To filter the feed based on this we need the Filter module. On the left hand side click on ‘Operators‘ to expand that, and then drag the ‘Filter‘ module into the canvas.
Now drag a pipe from the circle at the bottom of the ‘Fetch Feed’ module to the top of the ‘Filter’ module.
Wait a moment for the ‘Filter’ module to work out what data the RSS feed contains. Then use the drop down menus so that it reads “Permit items that match all of the following”.

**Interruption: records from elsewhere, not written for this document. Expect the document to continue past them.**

-- ===== src/Logger.antt =====
-- smslogger.h: the text of the statement that writes a message to the log.
pub mod Literals
use aka_smsd.Common.{
  ℕ, ◌+◌, ◌-◌, Bool, List, [], ◌∷◌, ◌++◌, Option, none, some, map, ◌==◌, if◌then◌else◌, length,
  replicate,
}
use aka_smsd.Common.Int.{ℤ, pos}
use aka_smsd.Common.Text.{codes, c_str}
use aka_smsd.Common.Decimal.{print_int}
use aka_smsd.Common.Code

-- What `localtime_r` gives, with the year and the month as they are printed.
pub record LocalTime : Type 0 where
  pub year : ℕ
  pub month : ℕ
  pub day : ℕ
  pub hour : ℕ
  pub minute : ℕ
  pub second : ℕ

-- `%04d` and `%02d` of a number that is not negative.
abbrev pub print_padded : ℕ → ℕ → List ℕ
print_padded width n = replicate (width - length (print_int (pos n))) b'0' ++ print_int (pos n)

unfoldable pub convert_date : LocalTime → List ℕ
convert_date t =
    print_padded 4 t.year
    ++ (b'-'
        ∷ (print_padded 2 t.month
            ++ (b'-'
                ∷ (print_padded 2 t.day
                    ++ (b' '
                        ∷ (print_padded 2 t.hour
                            ++ (b':'
                                ∷ (print_padded 2 t.minute
                                    ++ (b':' ∷ print_padded 2 t.second)))))))))

-- The arguments of `logIt` that are used. The texts are C strings; the content has its length.
pub record LogEntry : Type 0 where
  pub source_no : List ℕ
  pub target_no : List ℕ
  pub fee_target_no : List ℕ
  pub fee_type_id : ℤ
  pub child_id : List ℕ
  pub parent_id : List ℕ
  pub send_time : ℕ
  pub deliver_time : ℕ
  pub content : List ℕ
  pub fee_money : ℤ
  pub is_up : Bool

abbrev pub quote : ℕ
quote = 39

-- `std::replace` on the copy.
abbrev pub replace_quote : ℕ → ℕ
replace_quote c = if c == quote then b'"' else c

-- The copy is printed as a C string.
abbrev pub clean : List ℕ → List ℕ
clean content = c_str (map replace_quote content)

abbrev pub direction : Bool → List ℕ
direction is_up = if is_up then codes "UP" else codes "DOWN"

-- A value of the statement: a text between quotes or a number.
pub data Value : Type 0 where
  text : List ℕ → Value
  number : ℤ → Value

abbrev pub print_value : Value → List ℕ
print_value (text s) = quote ∷ (s ++ quote ∷ [])
print_value (number n) = print_int n

-- The values behind the first one, each after a comma, and the closing bracket.
abbrev pub print_more : List Value → List ℕ
print_more [] = b')' ∷ []
print_more (v ∷ vs) = b',' ∷ (print_value v ++ print_more vs)

abbrev pub insert_into : List ℕ
insert_into =
    codes "insert into SMSLog_TB(sourceNo, targetNo,feeTargetNo,feeType,childID, parentID, "
    ++ codes "sentTime, deliveTime, content ,deliverDirection, feeMoney) values ("

abbrev pub values_behind : (ℕ → LocalTime) → LogEntry → List Value
values_behind local_time e =
    text e.target_no
    ∷ text e.fee_target_no
    ∷ number e.fee_type_id
    ∷ text e.child_id
    ∷ text e.parent_id
    ∷ text (convert_date (local_time e.send_time))
    ∷ text (convert_date (local_time e.deliver_time))
    ∷ text (clean e.content)
    ∷ text (direction e.is_up)
    ∷ number e.fee_money
    ∷ []

unfoldable pub log_sql : (ℕ → LocalTime) → LogEntry → List ℕ
unfolding convert_date
log_sql local_time e =
    insert_into ++ (print_value (text e.source_no) ++ print_more (values_behind local_time e))

module _ {Store : Type 0} (exec : Store → List ℕ → Option Store) where
  -- `logIt`: `none` is the exception `BadQuery`, which `exec` throws.
  unfoldable pub log_it : (ℕ → LocalTime) → LogEntry → Store → Store × ℤ
  unfolding log_sql
  log_it local_time e db = elim (exec db (log_sql local_time e)) [
    | none ↦ (db, Code.failed)
    | some db' ↦ (db', Code.success)
  ]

The next box determines which piece of data you will filter on. If you click on the drop-down here you should see all the pieces of data that are associated with each item.
We’re going to select ‘region’, and say that we only want to permit items where ‘region’ contains ‘North West’. If any of these don’t make any sense, look at the original RSS feed again to see what they contain.
Now drag a final pipe from the bottom of the ‘Filter’ module to the top of ‘Pipe output‘ at the bottom of the canvas. If you click on either you should be able to see in the Debugger that now only those items relating specifically to the North West are displayed.
If you wanted to you could now save this and click ‘Run Pipe‘ to see the results. Once you do you should notice options to ‘Get as RSS‘ – this would allow you to subscribe to this feed yourself or publish it on a website or Twitter account. There’s also ‘Get as JSON’ which is a whole other story – I’ll cover JSON in a future post.
Oh, and a sidenote: if you wanted to grab an XML file in Yahoo! Pipes rather than an RSS feed, you would use ‘Fetch Data’ instead of ‘Fetch Feed’.
Just the start
There’s much more you can do here. Some suggestions for next steps:
- Try using the Text Input module in Yahoo! Pipes, dragging a line from that to where you typed ‘North West’, for example
- Try playing with the importXML formula in Google Spreadsheets
- Try using matching data in a spreadsheet with data from an XML file using Google Refine.
Those are for future posts. For now I just want to demonstrate how XML works to add information-about-information which you can then use to search, filter, and combine data.
And it’s not just an esoteric language that is used by a geeky few as part of their newsgathering: journalists at Sky News, The Guardian and The Financial Times – to name just a few – all use this as a routine part of publishing, because it provides a way to dynamically update elements within a larger story without having to update the whole thing from scratch – for example by updating casualty numbers or new dates on a timeline.
And while I’m at it, if you have any examples of XML being used in journalism for either newsgathering or publishing, let me know.